- **Collected data entries**:

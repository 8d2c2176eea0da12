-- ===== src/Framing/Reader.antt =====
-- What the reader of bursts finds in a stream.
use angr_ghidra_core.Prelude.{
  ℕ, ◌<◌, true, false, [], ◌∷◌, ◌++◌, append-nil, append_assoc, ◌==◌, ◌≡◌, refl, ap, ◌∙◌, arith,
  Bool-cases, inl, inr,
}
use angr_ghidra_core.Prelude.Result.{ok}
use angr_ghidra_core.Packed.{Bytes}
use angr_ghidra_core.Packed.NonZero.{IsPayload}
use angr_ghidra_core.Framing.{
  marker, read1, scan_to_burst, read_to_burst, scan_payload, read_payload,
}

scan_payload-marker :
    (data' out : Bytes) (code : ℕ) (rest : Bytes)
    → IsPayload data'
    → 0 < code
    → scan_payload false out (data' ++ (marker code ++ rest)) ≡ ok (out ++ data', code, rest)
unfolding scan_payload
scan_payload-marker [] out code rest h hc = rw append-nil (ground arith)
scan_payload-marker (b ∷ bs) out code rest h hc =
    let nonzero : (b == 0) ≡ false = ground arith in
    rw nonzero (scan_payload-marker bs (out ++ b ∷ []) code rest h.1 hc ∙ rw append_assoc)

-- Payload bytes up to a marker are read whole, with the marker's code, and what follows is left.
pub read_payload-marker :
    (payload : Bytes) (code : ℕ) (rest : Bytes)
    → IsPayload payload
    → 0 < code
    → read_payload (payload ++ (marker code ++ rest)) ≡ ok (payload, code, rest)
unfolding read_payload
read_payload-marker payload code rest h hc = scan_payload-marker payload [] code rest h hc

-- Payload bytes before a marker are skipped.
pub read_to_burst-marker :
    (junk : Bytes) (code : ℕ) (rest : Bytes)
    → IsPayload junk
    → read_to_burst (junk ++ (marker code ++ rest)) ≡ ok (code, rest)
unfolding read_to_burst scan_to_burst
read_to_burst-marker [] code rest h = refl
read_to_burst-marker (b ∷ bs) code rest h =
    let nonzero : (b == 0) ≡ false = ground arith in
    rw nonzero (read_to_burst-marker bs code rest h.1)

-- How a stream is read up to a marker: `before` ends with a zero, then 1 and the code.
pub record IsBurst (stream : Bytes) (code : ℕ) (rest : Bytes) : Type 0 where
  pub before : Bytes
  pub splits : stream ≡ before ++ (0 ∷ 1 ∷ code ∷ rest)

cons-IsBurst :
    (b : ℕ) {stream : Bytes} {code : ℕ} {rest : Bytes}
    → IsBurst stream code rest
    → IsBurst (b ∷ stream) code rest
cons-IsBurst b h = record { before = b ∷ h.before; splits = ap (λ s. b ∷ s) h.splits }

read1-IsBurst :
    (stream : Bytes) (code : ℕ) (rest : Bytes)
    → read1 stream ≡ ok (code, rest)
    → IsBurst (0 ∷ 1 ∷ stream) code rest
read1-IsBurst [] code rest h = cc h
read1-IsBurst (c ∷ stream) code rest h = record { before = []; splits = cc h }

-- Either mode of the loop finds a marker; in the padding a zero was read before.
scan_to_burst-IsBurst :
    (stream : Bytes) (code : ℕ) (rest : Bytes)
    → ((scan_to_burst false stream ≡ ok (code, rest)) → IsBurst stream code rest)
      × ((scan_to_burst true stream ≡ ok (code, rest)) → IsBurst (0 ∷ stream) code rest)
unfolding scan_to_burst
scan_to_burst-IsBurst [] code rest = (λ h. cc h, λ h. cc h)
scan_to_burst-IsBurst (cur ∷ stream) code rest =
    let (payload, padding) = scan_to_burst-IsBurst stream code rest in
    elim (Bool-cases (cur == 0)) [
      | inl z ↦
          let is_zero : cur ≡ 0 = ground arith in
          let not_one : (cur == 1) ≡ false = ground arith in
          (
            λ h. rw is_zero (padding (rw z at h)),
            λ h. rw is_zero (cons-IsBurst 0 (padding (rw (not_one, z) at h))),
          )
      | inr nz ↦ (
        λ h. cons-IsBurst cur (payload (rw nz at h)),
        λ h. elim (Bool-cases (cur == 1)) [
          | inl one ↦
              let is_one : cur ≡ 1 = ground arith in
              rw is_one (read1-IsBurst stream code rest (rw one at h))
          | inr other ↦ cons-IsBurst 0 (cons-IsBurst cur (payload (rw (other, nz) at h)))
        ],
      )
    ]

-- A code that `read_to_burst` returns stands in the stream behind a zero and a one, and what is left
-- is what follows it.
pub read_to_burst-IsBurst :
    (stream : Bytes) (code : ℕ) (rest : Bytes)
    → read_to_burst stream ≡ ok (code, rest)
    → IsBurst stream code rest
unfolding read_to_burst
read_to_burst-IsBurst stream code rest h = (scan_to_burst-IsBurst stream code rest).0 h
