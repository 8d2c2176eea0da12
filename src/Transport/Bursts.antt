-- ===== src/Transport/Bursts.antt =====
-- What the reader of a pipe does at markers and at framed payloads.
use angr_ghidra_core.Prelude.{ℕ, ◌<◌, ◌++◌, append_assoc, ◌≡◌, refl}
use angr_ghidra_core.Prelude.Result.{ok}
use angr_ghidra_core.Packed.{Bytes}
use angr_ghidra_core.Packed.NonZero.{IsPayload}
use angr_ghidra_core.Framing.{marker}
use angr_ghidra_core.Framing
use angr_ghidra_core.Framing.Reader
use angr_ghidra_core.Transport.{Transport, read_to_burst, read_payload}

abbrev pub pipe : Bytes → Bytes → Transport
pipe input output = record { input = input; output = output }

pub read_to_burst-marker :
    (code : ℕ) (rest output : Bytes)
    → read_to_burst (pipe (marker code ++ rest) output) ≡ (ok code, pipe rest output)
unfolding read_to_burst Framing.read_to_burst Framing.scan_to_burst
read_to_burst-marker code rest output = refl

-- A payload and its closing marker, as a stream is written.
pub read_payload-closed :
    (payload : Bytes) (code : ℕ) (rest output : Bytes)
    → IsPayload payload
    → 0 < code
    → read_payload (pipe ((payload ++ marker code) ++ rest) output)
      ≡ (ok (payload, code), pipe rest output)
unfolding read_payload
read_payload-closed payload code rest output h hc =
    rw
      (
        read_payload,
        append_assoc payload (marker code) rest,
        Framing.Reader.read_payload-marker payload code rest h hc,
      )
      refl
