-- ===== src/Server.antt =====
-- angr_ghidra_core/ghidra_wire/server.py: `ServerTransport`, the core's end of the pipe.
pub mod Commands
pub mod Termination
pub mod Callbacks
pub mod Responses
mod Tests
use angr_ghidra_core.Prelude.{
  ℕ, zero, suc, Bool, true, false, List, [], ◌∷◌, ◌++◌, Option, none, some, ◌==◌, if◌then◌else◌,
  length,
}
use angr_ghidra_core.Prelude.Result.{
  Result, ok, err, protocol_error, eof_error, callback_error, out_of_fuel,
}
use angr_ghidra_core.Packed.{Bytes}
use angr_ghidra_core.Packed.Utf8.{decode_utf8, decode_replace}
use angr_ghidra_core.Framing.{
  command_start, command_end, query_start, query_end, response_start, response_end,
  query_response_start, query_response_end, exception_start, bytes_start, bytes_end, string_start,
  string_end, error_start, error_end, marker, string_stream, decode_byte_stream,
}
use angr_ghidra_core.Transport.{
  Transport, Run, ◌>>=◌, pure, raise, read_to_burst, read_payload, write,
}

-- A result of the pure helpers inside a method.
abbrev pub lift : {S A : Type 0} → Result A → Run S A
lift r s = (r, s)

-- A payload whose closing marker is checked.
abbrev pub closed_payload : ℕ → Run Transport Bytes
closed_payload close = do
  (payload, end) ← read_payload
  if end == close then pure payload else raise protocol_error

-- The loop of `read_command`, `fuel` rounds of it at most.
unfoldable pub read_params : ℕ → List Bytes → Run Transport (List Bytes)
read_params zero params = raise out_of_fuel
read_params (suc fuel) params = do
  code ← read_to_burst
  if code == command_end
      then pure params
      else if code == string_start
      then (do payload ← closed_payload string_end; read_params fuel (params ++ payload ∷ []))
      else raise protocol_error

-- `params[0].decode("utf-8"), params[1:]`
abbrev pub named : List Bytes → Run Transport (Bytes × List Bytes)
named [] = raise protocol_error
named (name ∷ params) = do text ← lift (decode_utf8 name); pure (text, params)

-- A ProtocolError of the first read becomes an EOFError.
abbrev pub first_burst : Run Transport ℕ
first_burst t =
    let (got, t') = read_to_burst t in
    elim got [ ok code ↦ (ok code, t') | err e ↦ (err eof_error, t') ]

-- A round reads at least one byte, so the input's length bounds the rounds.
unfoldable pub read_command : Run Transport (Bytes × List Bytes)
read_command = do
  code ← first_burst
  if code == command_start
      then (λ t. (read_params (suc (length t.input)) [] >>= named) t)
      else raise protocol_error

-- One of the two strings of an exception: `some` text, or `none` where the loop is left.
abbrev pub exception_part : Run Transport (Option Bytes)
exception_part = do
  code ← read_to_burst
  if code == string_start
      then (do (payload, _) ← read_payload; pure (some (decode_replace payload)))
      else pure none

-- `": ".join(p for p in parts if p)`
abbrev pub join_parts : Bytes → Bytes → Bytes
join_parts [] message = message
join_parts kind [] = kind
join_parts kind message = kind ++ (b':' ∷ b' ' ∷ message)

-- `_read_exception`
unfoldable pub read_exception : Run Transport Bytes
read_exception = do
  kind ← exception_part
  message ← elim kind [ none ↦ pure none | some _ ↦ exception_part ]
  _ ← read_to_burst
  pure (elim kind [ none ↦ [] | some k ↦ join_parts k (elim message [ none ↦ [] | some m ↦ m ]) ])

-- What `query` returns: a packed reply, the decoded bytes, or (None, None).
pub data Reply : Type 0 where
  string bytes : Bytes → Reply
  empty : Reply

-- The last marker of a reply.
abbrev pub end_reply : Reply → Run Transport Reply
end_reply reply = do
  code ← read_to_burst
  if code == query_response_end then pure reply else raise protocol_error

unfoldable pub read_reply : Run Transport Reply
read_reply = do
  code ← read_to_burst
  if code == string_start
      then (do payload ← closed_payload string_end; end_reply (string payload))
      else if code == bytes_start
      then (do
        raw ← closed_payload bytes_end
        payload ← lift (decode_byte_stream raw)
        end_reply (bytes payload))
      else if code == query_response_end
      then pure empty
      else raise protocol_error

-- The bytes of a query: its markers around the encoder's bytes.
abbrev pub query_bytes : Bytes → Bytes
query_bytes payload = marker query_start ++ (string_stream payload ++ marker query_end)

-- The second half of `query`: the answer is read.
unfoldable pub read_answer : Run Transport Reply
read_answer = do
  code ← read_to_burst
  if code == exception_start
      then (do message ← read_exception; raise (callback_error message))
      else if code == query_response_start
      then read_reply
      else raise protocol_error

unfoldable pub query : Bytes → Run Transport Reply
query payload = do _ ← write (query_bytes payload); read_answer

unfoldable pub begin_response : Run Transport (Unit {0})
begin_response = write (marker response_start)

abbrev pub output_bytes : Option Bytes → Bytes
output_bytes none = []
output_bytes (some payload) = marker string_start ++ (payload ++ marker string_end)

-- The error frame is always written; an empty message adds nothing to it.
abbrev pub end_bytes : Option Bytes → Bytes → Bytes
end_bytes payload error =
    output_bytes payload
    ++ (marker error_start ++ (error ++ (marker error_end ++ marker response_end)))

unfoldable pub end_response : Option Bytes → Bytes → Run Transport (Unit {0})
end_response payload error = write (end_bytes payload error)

- **What is being asked**: State how many lines of the records above contain "junk", with no words besides the number.

- **Exercise solution**: 3